[Stored items]
════════════════

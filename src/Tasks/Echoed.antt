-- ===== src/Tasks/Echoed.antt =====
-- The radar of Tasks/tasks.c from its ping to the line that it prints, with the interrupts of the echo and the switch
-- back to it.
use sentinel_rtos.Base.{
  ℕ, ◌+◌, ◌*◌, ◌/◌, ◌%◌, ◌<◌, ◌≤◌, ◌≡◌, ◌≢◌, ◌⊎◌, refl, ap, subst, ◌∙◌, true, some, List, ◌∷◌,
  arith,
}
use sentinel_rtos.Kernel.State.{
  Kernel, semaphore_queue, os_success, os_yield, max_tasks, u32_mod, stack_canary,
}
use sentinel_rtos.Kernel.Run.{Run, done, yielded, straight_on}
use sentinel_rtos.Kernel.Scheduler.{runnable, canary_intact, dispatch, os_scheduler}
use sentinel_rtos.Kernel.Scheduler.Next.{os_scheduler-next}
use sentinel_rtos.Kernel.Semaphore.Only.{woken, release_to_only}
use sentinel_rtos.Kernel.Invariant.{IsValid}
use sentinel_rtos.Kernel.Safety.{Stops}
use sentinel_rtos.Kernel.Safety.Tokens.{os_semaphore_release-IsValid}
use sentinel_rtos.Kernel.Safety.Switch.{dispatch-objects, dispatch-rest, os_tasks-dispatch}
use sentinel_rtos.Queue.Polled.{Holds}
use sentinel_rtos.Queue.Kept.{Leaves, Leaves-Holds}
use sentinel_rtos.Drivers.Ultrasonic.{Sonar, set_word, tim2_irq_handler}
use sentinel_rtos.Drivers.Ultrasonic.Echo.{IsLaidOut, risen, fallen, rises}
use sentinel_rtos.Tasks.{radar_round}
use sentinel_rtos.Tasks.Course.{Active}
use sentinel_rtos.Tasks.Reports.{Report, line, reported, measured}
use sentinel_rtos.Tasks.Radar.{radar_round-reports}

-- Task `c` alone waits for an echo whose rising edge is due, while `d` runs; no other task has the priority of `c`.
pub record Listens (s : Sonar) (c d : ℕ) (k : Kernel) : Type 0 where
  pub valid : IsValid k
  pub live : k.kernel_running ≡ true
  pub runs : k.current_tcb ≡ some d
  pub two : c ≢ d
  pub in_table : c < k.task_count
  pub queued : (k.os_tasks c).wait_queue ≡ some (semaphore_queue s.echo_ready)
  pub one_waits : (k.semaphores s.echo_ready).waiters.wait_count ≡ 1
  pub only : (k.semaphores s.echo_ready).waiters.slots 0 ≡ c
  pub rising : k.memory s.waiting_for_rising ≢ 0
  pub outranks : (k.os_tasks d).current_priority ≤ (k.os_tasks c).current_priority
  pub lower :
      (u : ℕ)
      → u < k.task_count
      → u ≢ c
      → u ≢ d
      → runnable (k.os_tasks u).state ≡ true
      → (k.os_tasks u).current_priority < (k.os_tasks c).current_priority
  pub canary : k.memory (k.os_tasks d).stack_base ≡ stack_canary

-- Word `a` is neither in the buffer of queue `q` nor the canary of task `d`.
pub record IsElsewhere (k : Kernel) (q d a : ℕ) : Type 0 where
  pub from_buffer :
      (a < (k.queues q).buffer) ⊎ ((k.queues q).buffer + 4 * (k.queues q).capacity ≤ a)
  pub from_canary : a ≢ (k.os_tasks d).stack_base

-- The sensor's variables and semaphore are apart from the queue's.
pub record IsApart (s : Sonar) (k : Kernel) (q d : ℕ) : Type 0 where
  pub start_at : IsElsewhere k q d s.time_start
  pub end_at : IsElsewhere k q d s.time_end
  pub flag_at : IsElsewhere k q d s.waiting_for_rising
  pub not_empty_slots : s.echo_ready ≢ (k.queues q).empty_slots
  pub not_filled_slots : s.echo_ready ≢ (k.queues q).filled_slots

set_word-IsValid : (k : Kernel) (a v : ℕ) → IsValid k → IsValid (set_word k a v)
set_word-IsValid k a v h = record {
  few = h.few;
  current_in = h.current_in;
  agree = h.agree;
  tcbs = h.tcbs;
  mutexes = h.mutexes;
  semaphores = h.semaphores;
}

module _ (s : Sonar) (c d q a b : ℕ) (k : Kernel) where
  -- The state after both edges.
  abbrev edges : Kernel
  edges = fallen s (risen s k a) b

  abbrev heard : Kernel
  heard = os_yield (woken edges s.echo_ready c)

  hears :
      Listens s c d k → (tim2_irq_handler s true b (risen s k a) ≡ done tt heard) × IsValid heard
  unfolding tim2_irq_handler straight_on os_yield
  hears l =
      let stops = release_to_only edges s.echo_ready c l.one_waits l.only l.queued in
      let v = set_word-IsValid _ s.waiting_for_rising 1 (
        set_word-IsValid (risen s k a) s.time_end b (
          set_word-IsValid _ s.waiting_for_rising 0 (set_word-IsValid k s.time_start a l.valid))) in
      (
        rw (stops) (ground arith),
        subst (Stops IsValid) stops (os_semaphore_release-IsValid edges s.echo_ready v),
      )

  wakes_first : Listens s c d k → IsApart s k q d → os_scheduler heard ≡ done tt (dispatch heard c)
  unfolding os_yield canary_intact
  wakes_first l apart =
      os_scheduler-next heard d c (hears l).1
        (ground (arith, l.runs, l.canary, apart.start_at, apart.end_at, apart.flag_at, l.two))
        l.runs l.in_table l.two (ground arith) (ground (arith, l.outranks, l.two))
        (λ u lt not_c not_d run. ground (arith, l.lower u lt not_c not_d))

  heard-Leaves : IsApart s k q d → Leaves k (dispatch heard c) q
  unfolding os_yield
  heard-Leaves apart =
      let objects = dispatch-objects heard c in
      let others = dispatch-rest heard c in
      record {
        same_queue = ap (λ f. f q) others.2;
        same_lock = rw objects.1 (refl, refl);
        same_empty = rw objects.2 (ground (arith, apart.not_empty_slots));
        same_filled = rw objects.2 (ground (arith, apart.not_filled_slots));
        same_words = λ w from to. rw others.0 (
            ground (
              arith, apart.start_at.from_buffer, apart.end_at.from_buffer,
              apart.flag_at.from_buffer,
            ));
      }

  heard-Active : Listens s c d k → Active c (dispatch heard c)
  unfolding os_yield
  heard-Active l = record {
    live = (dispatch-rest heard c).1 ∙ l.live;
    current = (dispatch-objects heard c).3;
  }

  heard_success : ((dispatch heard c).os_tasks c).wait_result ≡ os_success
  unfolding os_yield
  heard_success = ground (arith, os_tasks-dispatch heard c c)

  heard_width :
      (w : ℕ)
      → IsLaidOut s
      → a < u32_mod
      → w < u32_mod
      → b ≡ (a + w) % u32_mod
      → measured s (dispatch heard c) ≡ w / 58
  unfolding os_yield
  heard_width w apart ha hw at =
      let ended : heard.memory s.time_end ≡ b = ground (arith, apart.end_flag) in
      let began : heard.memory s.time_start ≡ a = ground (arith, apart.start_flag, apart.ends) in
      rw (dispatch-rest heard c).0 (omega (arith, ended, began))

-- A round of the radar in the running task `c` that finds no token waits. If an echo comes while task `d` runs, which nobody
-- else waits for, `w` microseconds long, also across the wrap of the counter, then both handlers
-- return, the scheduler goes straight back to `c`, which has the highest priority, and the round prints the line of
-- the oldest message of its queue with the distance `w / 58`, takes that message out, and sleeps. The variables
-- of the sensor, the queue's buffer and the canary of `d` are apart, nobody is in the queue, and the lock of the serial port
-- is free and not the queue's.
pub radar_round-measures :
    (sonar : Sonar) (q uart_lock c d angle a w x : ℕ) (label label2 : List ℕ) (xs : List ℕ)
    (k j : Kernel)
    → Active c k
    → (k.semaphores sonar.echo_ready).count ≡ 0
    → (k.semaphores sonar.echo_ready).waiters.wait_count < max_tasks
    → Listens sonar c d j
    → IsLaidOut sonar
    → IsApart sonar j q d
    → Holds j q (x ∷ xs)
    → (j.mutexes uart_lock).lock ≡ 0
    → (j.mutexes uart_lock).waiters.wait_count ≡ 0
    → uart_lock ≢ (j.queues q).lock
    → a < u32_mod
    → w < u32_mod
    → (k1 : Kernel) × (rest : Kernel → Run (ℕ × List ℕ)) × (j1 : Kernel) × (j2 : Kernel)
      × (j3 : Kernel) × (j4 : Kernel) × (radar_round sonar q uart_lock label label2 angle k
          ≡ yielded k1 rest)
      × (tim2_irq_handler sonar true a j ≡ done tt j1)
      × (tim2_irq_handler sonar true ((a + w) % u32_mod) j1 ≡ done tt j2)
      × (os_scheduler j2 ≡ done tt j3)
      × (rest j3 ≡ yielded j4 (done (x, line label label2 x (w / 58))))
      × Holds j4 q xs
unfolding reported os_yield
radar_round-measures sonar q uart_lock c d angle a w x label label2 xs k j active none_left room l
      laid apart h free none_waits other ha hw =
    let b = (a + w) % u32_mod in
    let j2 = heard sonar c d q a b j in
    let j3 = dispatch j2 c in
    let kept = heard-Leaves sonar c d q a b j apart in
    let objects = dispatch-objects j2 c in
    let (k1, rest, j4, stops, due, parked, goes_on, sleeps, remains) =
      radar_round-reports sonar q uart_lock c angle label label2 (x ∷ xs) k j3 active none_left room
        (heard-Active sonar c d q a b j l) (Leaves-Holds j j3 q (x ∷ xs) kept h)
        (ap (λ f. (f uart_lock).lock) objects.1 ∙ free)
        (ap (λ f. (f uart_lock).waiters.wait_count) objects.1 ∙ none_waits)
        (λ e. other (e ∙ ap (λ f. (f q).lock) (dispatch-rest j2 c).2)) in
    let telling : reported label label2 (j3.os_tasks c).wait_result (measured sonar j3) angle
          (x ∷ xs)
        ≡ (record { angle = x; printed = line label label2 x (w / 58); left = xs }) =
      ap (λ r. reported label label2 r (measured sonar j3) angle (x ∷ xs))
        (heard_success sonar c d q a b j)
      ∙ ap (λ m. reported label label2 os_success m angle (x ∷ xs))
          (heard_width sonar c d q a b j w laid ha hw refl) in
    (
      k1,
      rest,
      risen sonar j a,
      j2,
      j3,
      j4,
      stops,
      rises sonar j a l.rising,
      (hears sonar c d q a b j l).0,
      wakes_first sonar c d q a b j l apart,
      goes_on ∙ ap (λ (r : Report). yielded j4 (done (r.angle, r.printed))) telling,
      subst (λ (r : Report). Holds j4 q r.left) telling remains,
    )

════════════════

◆ Aim of the exercise:
Starting with the line that holds "pub record IsApart" and ending with the line that holds "let stops = release_to_only", retype every line in the data above exactly, and nothing else.

◆ Solved problem:
pub record IsApart (s : Sonar) (k : Kernel) (q d : ℕ) : Type 0 where
  pub start_at : IsElsewhere k q d s.time_start
  pub end_at : IsElsewhere k q d s.time_end
  pub flag_at : IsElsewhere k q d s.waiting_for_rising
  pub not_empty_slots : s.echo_ready ≢ (k.queues q).empty_slots
  pub not_filled_slots : s.echo_ready ≢ (k.queues q).filled_slots

set_word-IsValid : (k : Kernel) (a v : ℕ) → IsValid k → IsValid (set_word k a v)
set_word-IsValid k a v h = record {
  few = h.few;
  current_in = h.current_in;
  agree = h.agree;
  tcbs = h.tcbs;
  mutexes = h.mutexes;
  semaphores = h.semaphores;
}

module _ (s : Sonar) (c d q a b : ℕ) (k : Kernel) where
  -- The state after both edges.
  abbrev edges : Kernel
  edges = fallen s (risen s k a) b

  abbrev heard : Kernel
  heard = os_yield (woken edges s.echo_ready c)

  hears :
      Listens s c d k → (tim2_irq_handler s true b (risen s k a) ≡ done tt heard) × IsValid heard
  unfolding tim2_irq_handler straight_on os_yield
  hears l =
      let stops = release_to_only edges s.echo_ready c l.one_waits l.only l.queued in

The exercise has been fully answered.